Compute is taken from the Platform's Compute Type attribute and any cluster-shape attributes (Cluster Version, Cluster Node Type, Number of Worker Nodes, Existing Cluster ID, Existing Instance Pool). The Job does not store compute settings of its own.

Job discovery

Polysync calls workspace/list?path={DefaultNotebookPath} (default /) and recursively descends, importing every object where object_type == "NOTEBOOK" as a Polysync Job. For each notebook, workspace/export is fetched and dbutils.widgets.{text,dropdown,combobox,multiselect} declarations are parsed to seed the Job's parameter list with the widget names and default values.

Parameter handling

Notebook widgets are exposed by Databricks as strings only. The provider sends Input + Input&Output parameters in the notebook_task.base_parameters dictionary, exactly as configured:

{
  "notebook_task": {
    "notebook_path": "<external-id>",
    "base_parameters": {
      "<parameter-name>": "<value-coerced-to-string>"
    }
  }
}
Direction Sent in runs/submit Updated from response
Input
Output (not supported)
Input&Output (not supported)

Output parameters are not supported for this job type. The Jobs API does not surface notebook return values in the run status response. Use Databricks's dbutils.notebook.exit() only for logging; downstream Tasks should read results from a shared store (Delta table, ADLS path) rather than expecting Polysync to ferry them.

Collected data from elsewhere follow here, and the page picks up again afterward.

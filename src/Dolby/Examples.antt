-- ===== src/Dolby/Examples.antt =====
-- A sender that is recentered, sends, and meets another session. The numbers are naturals here.
use pose_bridge.Prelude.{ℕ, ◌≡◌, refl, true, none, List, [], ◌∷◌, is_some}
use mathlib.Core.Option
use pose_bridge.Naturals.{ops, codec}
use pose_bridge.Motion.{Quat}
use pose_bridge.Pose.{normalize, multiply}
use pose_bridge.Osc.{no_raw, PoseSnapshot, accepted, message, floats, send}
use pose_bridge.Dolby.{
  new, delivered, undelivered, after_send, send_if_due, send_adopted, adopt, clear_reference,
  set_reference, recenter, transmit, encode, ypr_from_physical, is_identity,
}
use pose_bridge.Dolby.Reference.{Event, recentering, sending, apply, run, taken, run-taken}

abbrev pose : ℕ → ℕ → PoseSnapshot ℕ
pose session n = record {
  instance_id = 1;
  reference_epoch = 1;
  metadata_revision = 1;
  session_id = session;
  sequence = n;
  received_ns = 0;
  age_ns = 0;
  sample_time = none;
  quaternion_xyzw = record { x = 0; y = 0; z = 0; w = 1 };
  euler_deg = record { x = 0; y = 0; z = 0 };
  raw = no_raw;
  fresh = true;
}

abbrev physical : Quat ℕ
physical = record { x = 3; y = 0; z = 0; w = 4 }

abbrev in_session : List (Event ℕ)
in_session =
    recentering (pose 1 5) physical
    ∷ sending (pose 1 5) physical 0 (λ packet. accepted 1)
    ∷ sending (pose 1 6) physical 20000000 (λ packet. accepted 1)
    ∷ []

-- The pose of the reference itself is held back.
run-in_session : (run ops codec (new 10000000) in_session).status.sent ≡ 1
unfolding run apply recenter send_if_due send_adopted adopt is_identity clear_reference
    set_reference after_send delivered undelivered transmit encode ypr_from_physical normalize
    multiply message floats send
run-in_session = refl

run-taken_example :
    let s = run ops codec (new 10000000) in_session in
    let found = taken ops codec none in_session in
    (s.reference ≡ Option.map (λ t. t.reference) found)
    × (s.reference_after ≡ Option.map (λ t. t.sequence) found)
    × (s.status.reference_set ≡ is_some found)
run-taken_example = run-taken ops codec 10000000 in_session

All values are sent as JSON strings regardless of the Polysync Data Type — pick the Data Type that helps the editor validate the value, but be aware your notebook will always receive a string from dbutils.widgets.get.

Execution flow

  1. Polysync builds the notebook_task body, attaches the compute block resolved from the Platform, then calls POST jobs/runs/submit (Jobs API 2.1).

  2. The response run_id becomes the Polysync RunId.

  3. Status is polled via GET jobs/runs/get?run_id={runId} and decoded from the combination of life_cycle_state and result_state:

    Databricks state Polysync status
    life_cycle_state = PENDING / RUNNING / TERMINATING Running
    life_cycle_state = SKIPPED Cancelled
    life_cycle_state = INTERNAL_ERROR Failed
    result_state = SUCCESS Success
    result_state = FAILED / TIMEDOUT Failed
    result_state = CANCELED Cancelled
  4. Cancel is supported via POST jobs/runs/cancel ({ "run_id": <run_id> }).

Monitor URL

{workspace_url}/#job/{run_id}/run/1

If the submit response includes run_page_url, Polysync uses that value verbatim.

Best practices

  • Always declare the notebook's widgets explicitly with dbutils.widgets.text/dropdown — they're what Polysync's parameter importer reads.
  • Don't rely on dbutils.notebook.exit() to return data; persist results to Delta / object storage instead.
  • Use Serverless compute or Existing Instance Pool to keep run startup latency low — runs/submit provisions a new cluster otherwise.

Troubleshooting

  • Run fails with RESOURCE_DOES_NOT_EXIST — the External Id is not a valid notebook path in the workspace. Re-import from the Platform editor to pick the correct path.
  • Widgets not picked up on importworkspace/export may have returned a SOURCE rather than a JUPYTER notebook; ensure dbutils.widgets calls are at the top level of cells (not inside conditional blocks) so the importer's regex can find them.
  • Run stays in PENDING for a long time — the compute block is spinning up a new cluster; switch the Platform's Compute Type to ExistingInteractiveCluster, ExistingInstancePool, or Serverless for faster starts.